» **What the task asks**:
Only one portion of the data is to be written out: from the line bearing "quiet = r.quiet;" through the line bearing "some (drain s)". Write it exactly as it appears.

┌─ Records supplied

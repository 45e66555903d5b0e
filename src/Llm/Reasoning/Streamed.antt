-- ===== src/Llm/Reasoning/Streamed.antt =====
-- The stream is the reading of the whole text.
use wizard_w.Prelude.{
  ℕ, zero, suc, ◌≡◌, ◌<◌, Bool, true, List, [], ◌∷◌, ◌++◌, Option, none, some, arith, length,
  nat_eq,
}
use wizard_w.Prelude.Text.{Text}
use wizard_w.Llm.Reasoning.{
  max_tag_chars, Chunk, ReasoningStream, Output, drain, pass_tag, after_chunks, pass_tags, feed,
}
use wizard_w.Llm.Reasoning.Held.{Ends, is_held}
use wizard_w.Llm.Reasoning.Labels.{Labelled}
use wizard_w.Llm.Reasoning.Rounds.{Reads, drain-Reads, Round, stops, passes, pass_tag-Round}

module _ (is_word : ℕ → Bool) where
  pass_tags-Reads :
      (fuel : ℕ) (s : ReasoningStream)
      → length s.pending < fuel
      → Ends (Reads is_word s) (pass_tags is_word fuel s)
  unfolding pass_tags
  pass_tags-Reads zero s h = absurd (omega (arith, h))
  pass_tags-Reads (suc fuel) s h =
      after_round (pass_tag is_word s) (pass_tag-Round is_word s.pending s.inside)
        (λ s' k. pass_tags-Reads fuel s' (omega (arith, h, k)))
    where
      continued :
          (out : List Chunk) (s' : ReasoningStream)
          → ((future t : Text) (more : List Chunk) (b : Bool)
              → Labelled is_word s'.inside (s'.pending ++ future) more b t
              → Labelled is_word s.inside (s.pending ++ future) (out ++ more) b t)
          → (o : Option Output) → Ends (Reads is_word s') o
          → Ends (Reads is_word s) (after_chunks out o)
      continued out s' l none r = r
      continued out s' l (some (more, s'')) r = record {
        labels = λ future. l future (s''.pending ++ future) more s''.inside (r.labels future);
        held = r.held;
        quiet = r.quiet;
      }

      after_round :
          (o : Option Output)
          → Round is_word s o
          → ((s' : ReasoningStream)
              → length s'.pending < length s.pending
              → Ends (Reads is_word s') (pass_tags is_word fuel s'))
          → Ends (Reads is_word s) (elim o as (λ x. Option Output) [
            | none ↦ some (drain s)
            | some (out, s') ↦ after_chunks out (pass_tags is_word fuel s')
          ])
      after_round none (stops e) k = drain-Reads is_word s e
      after_round (some (out, s')) (passes _ _ h l) k =
          continued out s' l (pass_tags is_word fuel s') (k s' h)

  feed-Reads :
      (delta : Text) (s : ReasoningStream)
      → Ends
          (Reads is_word (record { pending = s.pending ++ delta; inside = s.inside }))
          (feed is_word delta s)
  unfolding feed
  feed-Reads delta s =
      pass_tags-Reads (suc (length (s.pending ++ delta)))
        (record { pending = s.pending ++ delta; inside = s.inside }) (omega arith)

  -- From any state and for any delta the loop of `feed` ends, and what it keeps back is nothing, or
  -- a `<` with no `>` behind it, in fewer than MAX_TAG_CHARS characters.
  pub feed_keeps_little :
      (delta : Text) (s : ReasoningStream)
      → Ends
          (λ (o : Output). (is_held o.1.pending ≡ true) × (length o.1.pending < max_tag_chars))
          (feed is_word delta s)
  feed_keeps_little delta s = kept (feed is_word delta s) (feed-Reads delta s)
    where
      short : (t : Text) → is_held t ≡ true → length t < max_tag_chars
      short [] h = omega arith
      short (c ∷ t) h = ground arith

      kept :
          (o : Option Output)
          → Ends (Reads is_word (record { pending = s.pending ++ delta; inside = s.inside })) o
          → Ends
              (λ (q : Output). (is_held q.1.pending ≡ true) × (length q.1.pending < max_tag_chars))
              o
      kept none r = r
      kept (some (out, s')) r = (r.held, short s'.pending r.held)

└─

» **Result of this exercise**:
        quiet = r.quiet;
      }

      after_round :
          (o : Option Output)
          → Round is_word s o
          → ((s' : ReasoningStream)
              → length s'.pending < length s.pending
              → Ends (Reads is_word s') (pass_tags is_word fuel s'))
          → Ends (Reads is_word s) (elim o as (λ x. Option Output) [
            | none ↦ some (drain s)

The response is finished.